The end of the Apollo program takes the reader nearly up to the two-thirds mark in the book, leaving the last portion to be filled with a condensed anthology of comparatively less exciting accounts of the Shuttle, the International Space Station, and the Hubble Observatory. Barbree’s trademark buoyancy occasionally lapses into a wistful melancholy for the heyday of the space program — a bring-down which finds a parallel in his personal life, as he experiences a “sudden death” heart attack that is usually fatal. But, recovering, he resumes his reporter’s post with remarkable and admirable vigor.
One glaring absence in this book is any mention of science fiction. A love of SF formed and propelled the space program.
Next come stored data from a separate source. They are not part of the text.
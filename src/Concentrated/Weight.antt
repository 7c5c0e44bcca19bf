-- ===== src/Concentrated/Weight.antt =====
-- rewards/src/concentrated_weight.rs, and the weighted liquidity of
-- liquidity_pool_concentrated/src/contract/internal.rs.
use soroban_amm.Prelude.{
  ℕ, ◌-◌, ◌*◌, ◌/◌, ◌^◌, Bool, false, ◌&&◌, ◌||◌, not, none, some, List, [], ◌∷◌, ltb, leb, ◌==◌,
  if◌then◌else◌,
}
use soroban_amm.Host.{Address}
use soroban_amm.Host.Integer.{ℤ, pos, pos_part, ◌-ℤ◌, ltb_ℤ}
use soroban_amm.Concentrated.Ticks.{eqb_ℤ}
use soroban_amm.Concentrated.State.{Pool, PositionRange, set_user_state}
use soroban_amm.Concentrated.Liquidity.{saturating_add}

abbrev pub bps_denominator : ℕ
bps_denominator = 10000

unfoldable pub max_distance_for_fee : ℕ → ℕ
max_distance_for_fee fee = fee * 50

unfoldable pub tick_distance_from_range : ℤ → ℤ → ℤ → ℕ
tick_distance_from_range tick_current tick_lower tick_upper =
    let beyond = pos_part (tick_current -ℤ tick_upper) in
    if not (ltb_ℤ tick_lower tick_upper)
    then 0
    else if ltb_ℤ tick_current tick_lower
    then pos_part (tick_lower -ℤ tick_current)
    else if ltb_ℤ tick_current tick_upper
    then 0
    else if beyond == 0
    then 1
    else beyond

unfoldable pub distance_multiplier_bps : ℕ → ℕ → ℕ
distance_multiplier_bps distance max_distance =
    let rest = max_distance - distance in
    if distance == 0
    then bps_denominator
    else if max_distance == 0 || leb max_distance distance
    then 0
    else bps_denominator * rest * rest / (max_distance * max_distance)

unfoldable pub position_multiplier_bps : ℤ → ℤ → ℤ → ℕ → ℕ
position_multiplier_bps tick_current tick_lower tick_upper fee =
    distance_multiplier_bps (tick_distance_from_range tick_current tick_lower tick_upper)
      (max_distance_for_fee fee)

unfoldable pub apply_multiplier : ℕ → ℕ → ℕ
apply_multiplier amount multiplier_bps =
    let multiplier =
      if ltb multiplier_bps bps_denominator then multiplier_bps else bps_denominator in
    let product = amount * multiplier in
    (if ltb product (2 ^ 128) then product else 2 ^ 128 - 1) / bps_denominator

-- A range that the computation looks at with another liquidity than the stored one.
pub record Target : Type 0 where
  pub lower : ℤ
  pub upper : ℤ
  pub liquidity : ℕ

unfoldable pub is_target : Target → PositionRange → Bool
is_target t range = eqb_ℤ range.tick_lower t.lower && eqb_ℤ range.tick_upper t.upper

unfoldable pub liquidity_of : Pool → Address → Target → PositionRange → ℕ
liquidity_of p user t range =
    if is_target t range
    then t.liquidity
    else (elim (p.positions user range.tick_lower range.tick_upper) [
      | some position ↦ position.liquidity
      | none ↦ 0
    ])

-- What a range adds to the weighted liquidity.
unfoldable pub add_weight : Pool → ℤ → ℤ → ℕ → ℕ → ℕ
add_weight p lower upper liquidity weighted =
    let multiplier = position_multiplier_bps p.slot0.tick lower upper p.fee in
    if liquidity == 0
    then weighted
    else saturating_add weighted (apply_multiplier liquidity multiplier)

-- The loop over the user's ranges: the weight, and whether the target was among them.
unfoldable pub weigh : Pool → Address → Target → List PositionRange → ℕ × Bool → ℕ × Bool
weigh p user t [] state = state
weigh p user t (range ∷ ranges) (weighted, applied) = weigh p user t ranges (
  add_weight p range.tick_lower range.tick_upper (liquidity_of p user t range) weighted,
  applied || is_target t range,
)

unfoldable pub compute_user_weighted_liquidity : Pool → Address → Target → ℕ
compute_user_weighted_liquidity p user t =
    let (weighted, applied) = weigh p user t (p.users user).positions (0, false) in
    if applied then weighted else add_weight p t.lower t.upper t.liquidity weighted

-- The total after a user's weight has changed.
unfoldable pub total_after : ℕ → ℕ → ℕ → ℕ
total_after total before weighted =
    if leb before weighted
    then saturating_add total (weighted - before)
    else total - (before - weighted)

unfoldable pub recompute_user_weighted_liquidity : Address → Pool → Pool
recompute_user_weighted_liquidity user p =
    let none_at : Target = record { lower = pos 0; upper = pos 0; liquidity = 0 } in
    let weighted = compute_user_weighted_liquidity p user none_at in
    let state = p.users user in
    let total = total_after p.total_weighted_liquidity state.weighted_liquidity weighted in
    set_user_state user (record state { weighted_liquidity = weighted })
      (record p { total_weighted_liquidity = total })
That literature was omnipresent among the engineers, if not the astronauts themselves. Barbree himself echoes many of SF’s tropes, explaining, for instance, how humanity must move out into the solar system to survive. Yet he omits any reference to even such famous events as Robert Heinlein and Arthur C. Clarke serving as commentators during the Apollo 11 mission. Barbree was best friends with the writer Martin Caidin, and Caidin’s novel Marooned is the only piece of science fiction cited. Yet the Caidin book comes too late in the timeline to be seminal. Still, this lone omission is hardly critical.
The Faith Seven mission I watched as a child ran into trouble, a fact I have no memory of. Perhaps the TV was too soon wheeled away for another lesson. But you can read here how Gordon Cooper astonishingly managed to land a dead ship, exhibiting a Horatio Alger?like humble heroism and devotion to duty — traits possessed also by Jay Barbree himself.